By Udita Arya and Shubhi Rana
The Jessica Lall murder case seemed like it would be an open and shut case on the outset. A woman was shot point blank on the forehead with hundreds of witnesses around. However, what followed was a seven-year-long battle for justice as the country watched the judicial process crumble due to intimidation, threats, hostile witnesses and corruption.
The murder of Jessica Lall on April 30, 1999, brought to light the reality of criminal justice in India. The policy of innocent until proven guilty combined with power and corruption has allowed for many criminals to avoid punishment for their actions. This case is just one of the many in which witnesses and their statements have turned around the fate of a trial.
Witness statements are accounts provided by people familiar with the circumstances of a case and ae often the most important in determining the fate of a trial.
Under the Code of Criminal Procedure (CrPC) there are two main provision under which witness statements can be recorded. Section 161 (CrPC) provides for the statement being made to the police whereas section 164 (CrPC) provides for the statement to be recorded by a judicial or metropolitan magistrate. There is a major difference in the level of accountability between the two statements. Statements made under 161 need to be reiterated and acknowledged in court to be counted as evidence, however, any statements made under 164 need no such acknowledgement.
Even with elaborate provisions to provide for transparency in an investigation, there are various loopholes in the system that hamper the investigation process. One of the major problems of this system is the issue a hostile witness.
As per the Indian Evidence Act of 1872 in a criminal trial when a witness appearing before court doesn’t confirm his/her previous statement/evidence which was priorly collected by the investigative body, is defined as an adverse witness or a hostile witness.
This is very prevalent in India wherein tactics of intimidation and threats force a witness to retract his statement. A landmark judgement that highlights the case of a hostile witness is the Gujarat High Court’s Judgment on the Best Bakery case in 2004. In March 2002, a mob burnt down a Best Bakery in Vadodara, killing 14 people. The main witness in the case, Zaheera Sheikh was compelled to retract her statement in the fast track court after there were threats made to her family. Due to which the 21 accused were acquitted as there was a lack of evidence against them.

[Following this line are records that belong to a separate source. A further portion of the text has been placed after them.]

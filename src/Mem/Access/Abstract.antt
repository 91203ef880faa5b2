-- ===== src/Mem/Access/Abstract.antt =====
-- What reads and writes of guest memory promise: a partial map from addresses to bytes, with no
-- regions and no host memory. The functions of src/vm_mem.c implement it.
use masters_proj.Prelude.{
  ℕ, suc, ◌+◌, ◌≡◌, refl, ap, sym, ◌∙◌, subst, List, [], ◌∷◌, Option, some, none, arith, ◌==◌,
  if◌then◌else◌, u64, ne→==-false, All, length, ◌<◌, ◌^◌,
}
use native.Mathlib.Decide.{ℕ_discrete}
use masters_proj.Mem.State.{Mem}
use masters_proj.Mem.Gpa.{gpa_to_hva}
use masters_proj.Mem.Gpa.Layout.{IsValid}
use masters_proj.Mem.Access.{poke, vm_mem_read, vm_mem_write}
use masters_proj.Mem.Access.View.{view, view-poke, Mapped-lt, vm_mem_write-Written}
use masters_proj.Mem.Access.Alloc.{view-of}

abbrev pub PartialMap : Type 0
PartialMap = ℕ → Option ℕ

-- A read into a buffer, and a write: how many bytes, and the buffer or the map after it. Both stop
-- at the first address that has no byte.
abbrev read_byte : Option ℕ → (buf : List ℕ) → ℕ × List ℕ → ℕ × List ℕ
read_byte none buf rest = (0, buf)
read_byte (some x) buf rest = (suc rest.0, x ∷ rest.1)

unfoldable pub read_map : PartialMap → ℕ → List ℕ → ℕ × List ℕ
read_map v a [] = (0, [])
read_map v a (b ∷ bs) = read_byte (v a) (b ∷ bs) (read_map v (a + 1) bs)

abbrev pub set_byte : ℕ → ℕ → PartialMap → PartialMap
set_byte a b v c = if a == c then some b else v c

abbrev write_byte : Option ℕ → PartialMap → ℕ × PartialMap → ℕ × PartialMap
write_byte none v rest = (0, v)
write_byte (some x) v rest = (suc rest.0, rest.1)

unfoldable pub write_map : ℕ → List ℕ → PartialMap → ℕ × PartialMap
write_map a [] v = (0, v)
write_map a (b ∷ bs) v = write_byte (v a) v (write_map (a + 1) bs (set_byte a b v))

view-null : (m : Mem) (a : ℕ) → gpa_to_hva m a ≡ 0 → view m a ≡ none
unfolding view
view-null m a e = rw e refl

-- One read.
pub vm_mem_read-read_map :
    (m : Mem) (a : ℕ) (buf : List ℕ)
    → IsValid m.regions
    → vm_mem_read m a buf ≡ read_map (view m) a buf
unfolding vm_mem_read read_map
vm_mem_read-read_map m a [] v = refl
vm_mem_read-read_map m a (b ∷ bs) v = elim (ℕ_discrete (gpa_to_hva m a) 0) [
  | yes null ↦ rw (null, view-null m a null) refl
  | no found ↦
      let next : u64 (a + 1) ≡ a + 1 = omega (arith, Mapped-lt m a v found) in
      let rest = vm_mem_read-read_map m (a + 1) bs v in
      rw (next, ne→==-false _ 0 found, view-of m a _ _ refl found refl)
        (ap (λ p. (suc p.0, m.bytes (gpa_to_hva m a) ∷ p.1)) rest)
]

-- One write.
vm_mem_write-write_map :
    (a : ℕ) (bs : List ℕ) (m : Mem)
    → IsValid m.regions
    → let r = vm_mem_write a bs m in write_map a bs (view m) ≡ (r.0, view r.1)
unfolding vm_mem_write write_map
vm_mem_write-write_map a [] m v = refl
vm_mem_write-write_map a (b ∷ bs) m v = elim (ℕ_discrete (gpa_to_hva m a) 0) [
  | yes null ↦ rw (null, view-null m a null) refl
  | no found ↦
      let next : u64 (a + 1) ≡ a + 1 = omega (arith, Mapped-lt m a v found) in
      let m' = poke m (gpa_to_hva m a) b in
      let same : set_byte a b (view m) ≡ view m' = λ i c. sym (view-poke m a b c v found) i in
      let rest = vm_mem_write-write_map (a + 1) bs m' v in
      rw (next, ne→==-false _ 0 found, view-of m a _ _ refl found refl)
        (ap (λ p. (suc p.0, p.1)) (ap (write_map (a + 1) bs) same ∙ rest))
]

-- A read or a write, as the rest of the program makes them, and a sequence of them. The result of
-- an access is the number of bytes and the buffer after it.
pub data Access : Type 0 where
  read_at : (gpa : ℕ) (buf : List ℕ) → Access
  write_at : (gpa : ℕ) (buf : List ℕ) → Access

abbrev pub Result : Type 0
Result = ℕ × List ℕ

abbrev access : Access → Mem → Result × Mem
access (read_at gpa buf) m = (vm_mem_read m gpa buf, m)
access (write_at gpa buf) m = let r = vm_mem_write gpa buf m in ((r.0, buf), r.1)

abbrev access_map : Access → PartialMap → Result × PartialMap
access_map (read_at gpa buf) v = (read_map v gpa buf, v)
access_map (write_at gpa buf) v = let r = write_map gpa buf v in ((r.0, buf), r.1)

unfoldable pub run_accesses : List Access → Mem → List Result × Mem
run_accesses [] m = ([], m)
run_accesses (o ∷ os) m =
    let r = access o m in let rest = run_accesses os r.1 in (r.0 ∷ rest.0, rest.1)

unfoldable pub run_map : List Access → PartialMap → List Result × PartialMap
run_map [] v = ([], v)
run_map (o ∷ os) v = let r = access_map o v in let rest = run_map os r.1 in (r.0 ∷ rest.0, rest.1)

-- One access of either kind.
access-access_map :
    (o : Access) (m : Mem)
    → IsValid m.regions
    → let r = access o m in (access_map o (view m) ≡ (r.0, view r.1)) × IsValid r.1.regions
access-access_map (read_at gpa buf) m v =
    (ap (λ r. (r, view m)) (sym (vm_mem_read-read_map m gpa buf v)), v)
access-access_map (write_at gpa buf) m v = (
  ap (λ r. ((r.0, buf), r.1)) (vm_mem_write-write_map gpa buf m v),
  subst IsValid (sym (vm_mem_write-Written gpa buf m v).regions) v,
)

-- The bytes that an access asks for.
abbrev pub length_of : Access → ℕ
length_of (read_at gpa buf) = length buf
length_of (write_at gpa buf) = length buf

-- From a state with well-formed regions, any sequence of reads and writes by `vm_mem_read` and
-- `vm_mem_write`, each of less than 2 ^ 31 bytes, gives the results that the same sequence gives on
-- the partial map from guest addresses to bytes, leaves memory that is the map which that sequence
-- leaves, and leaves the regions well formed.
pub run_accesses-run_map :
    (os : List Access) (m : Mem)
    → IsValid m.regions
    → All (λ o. length_of o < 2 ^ 31) os
    → let r = run_accesses os m in (run_map os (view m) ≡ (r.0, view r.1)) × IsValid r.1.regions
unfolding run_accesses run_map
run_accesses-run_map [] m v short = (refl, v)
run_accesses-run_map (o ∷ os) m v short =
    let (one, v₁) = access-access_map o m v in
    let m₁ = (access o m).1 in
    let (rest, v₂) = run_accesses-run_map os m₁ v₁ short.1 in
    (
      ap (λ p. let q = run_map os p.1 in (p.0 ∷ q.0, q.1)) one
          ∙ ap (λ q. ((access o m).0 ∷ q.0, q.1)) rest,
      v₂,
    )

Similarly, in the 2015 Ahmedabad BMW hit and run case, the major witness, a friend of the deceased also turned hostile and retracted his statement. The reason for the same was contemplated to be bribery as the accused was the son of a prominent eye doctor in the city. Such cases highlight the difficulty the prosecution often faces in convicting criminals.
What can be done?
When witnesses testify in a criminal case, they are providing a service to the state by helping in the conviction of state offenders, therefore, it is rudimentary for the state to protect its witnesses. When the state makes no additional provisions for the witnesses, they are more susceptible to threats and violence, making them reluctant to come forward or testify correctly. The lack of a proper witness protection scheme is, therefore, a major disadvantage to the effectiveness of the criminal justice system.
Provisions for witness protection has been a topic of much debate, and in fact, various law commisions have made recommendations for the same over a period of time. The 198th law commission report talks about witness and identity protection and recommends for the anonymity of witnesses and amendments to the law for the addition of witness protection laws.
The Criminal Law (Amendment) Act, 2005 (No.2 of 2006) also provides for provisions in the Indian penal code to punish any person threatening or inducing a person to commit perjury. Though the above provisions have been made and are a step towards a better criminal justice system, there is a lot of room for improvement to ensure a transparent and accountable system.
Several other countries, including the United States, United Kingdom, Canada, Israel and Italy have highly effective and secure witness protection programs. The government has made a step in the right direction with the introduction of the Delhi Witness Protection Scheme of 2015, however, a lot more needs to be done regarding the same. It is critical to introduce such schemes ove the country to ensure a reduction in the number of witnesses that turn hostile and restore the staggering faith in the criminal justice system of India.
Udita Arya and Shubhi Rana are both students at the O.P. Jindal Global University and specialise in studying criminal procedure.